Start of Block

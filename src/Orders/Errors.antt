-- ===== src/Orders/Errors.antt =====
-- apps/orders/exceptions.py, with what the calculations and the database itself raise.
use vidalys_flow.Transaction.{Service}
use vidalys_flow.Idempotency.{Conflict}
use vidalys_flow.Orders.Calculations.{AmountError}
use vidalys_flow.Database.{Database}

pub data OrderError : Type 0 where
  order_permission_denied : OrderError
  organization_mismatch : OrderError
  order_not_editable : OrderError
  version_conflict : OrderError
  idempotency_conflict : Conflict → OrderError
  result_missing : OrderError
  invalid_item : OrderError
  invalid_transition : OrderError
  confirmation_blocked : OrderError
  reason_required : OrderError
  amount_error : AmountError → OrderError
  integrity_error : OrderError

-- A service of the orders application.
abbrev pub OrderService : Type 0 → Type 0
OrderService = Service Database OrderError
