-- ===== src/Orders/Numbering.antt =====
-- apps/orders/numbering.py: the number of the next order of an organization. Where the organization
-- has no sequence yet, one is inserted with its default, 1; another transaction that inserts it
-- first makes the insertion fail, and its row is read instead.
pub mod Sequences
use vidalys_flow.Common.{ℕ, suc, none, some, Bool, List, ◌∷◌, find, replace, ◌==◌}
use vidalys_flow.Transaction.{ok}
use vidalys_flow.Orders.Tables.{OrderNumberSequence}
use vidalys_flow.Orders.Errors.{OrderService}

abbrev pub is_sequence_of : ℕ → OrderNumberSequence → Bool
is_sequence_of organization q = q.organization == organization

-- The table of sequences and the number that is taken from it.
unfoldable pub take_number : ℕ → List OrderNumberSequence → ℕ × List OrderNumberSequence
take_number organization rows = elim (find (is_sequence_of organization) rows) [
  | none ↦ (1, record { organization = organization; next_number = 2 } ∷ rows)
  | some q ↦ (
    q.next_number,
    replace (is_sequence_of organization)
        (record { organization = organization; next_number = suc q.next_number }) rows,
  )
]

unfoldable pub allocate_order_number : ℕ → OrderService ℕ
unfolding take_number
allocate_order_number organization s =
    let t = s.orders in
    let (number, rows) = take_number organization t.sequences in
    ok number (record s { orders = record t { sequences = rows } })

End of Block

Required action:
When you repeat the lines, start with the first line of the material and end with the line that contains "let (number, rows)", keeping both and reproducing each exactly, with nothing added.

Answer box:
filename src/Orders/Errors.antt
-- ===== src/Orders/Errors.antt =====
-- apps/orders/exceptions.py, with what the calculations and the database itself raise.
use vidalys_flow.Transaction.{Service}
use vidalys_flow.Idempotency.{Conflict}
use vidalys_flow.Orders.Calculations.{AmountError}
use vidalys_flow.Database.{Database}

pub data OrderError : Type 0 where
  order_permission_denied : OrderError
  organization_mismatch : OrderError
  order_not_editable : OrderError
  version_conflict : OrderError
  idempotency_conflict : Conflict → OrderError
  result_missing : OrderError
  invalid_item : OrderError
  invalid_transition : OrderError
  confirmation_blocked : OrderError
  reason_required : OrderError
  amount_error : AmountError → OrderError
  integrity_error : OrderError

-- A service of the orders application.
abbrev pub OrderService : Type 0 → Type 0
OrderService = Service Database OrderError
-- ===== src/Orders/Numbering.antt =====
-- apps/orders/numbering.py: the number of the next order of an organization. Where the organization
-- has no sequence yet, one is inserted with its default, 1; another transaction that inserts it
-- first makes the insertion fail, and its row is read instead.
pub mod Sequences
use vidalys_flow.Common.{ℕ, suc, none, some, Bool, List, ◌∷◌, find, replace, ◌==◌}
use vidalys_flow.Transaction.{ok}
use vidalys_flow.Orders.Tables.{OrderNumberSequence}
use vidalys_flow.Orders.Errors.{OrderService}

abbrev pub is_sequence_of : ℕ → OrderNumberSequence → Bool
is_sequence_of organization q = q.organization == organization

-- The table of sequences and the number that is taken from it.
unfoldable pub take_number : ℕ → List OrderNumberSequence → ℕ × List OrderNumberSequence
take_number organization rows = elim (find (is_sequence_of organization) rows) [
  | none ↦ (1, record { organization = organization; next_number = 2 } ∷ rows)
  | some q ↦ (
    q.next_number,
    replace (is_sequence_of organization)
        (record { organization = organization; next_number = suc q.next_number }) rows,
  )
]

unfoldable pub allocate_order_number : ℕ → OrderService ℕ
unfolding take_number
allocate_order_number organization s =
    let t = s.orders in
    let (number, rows) = take_number organization t.sequences in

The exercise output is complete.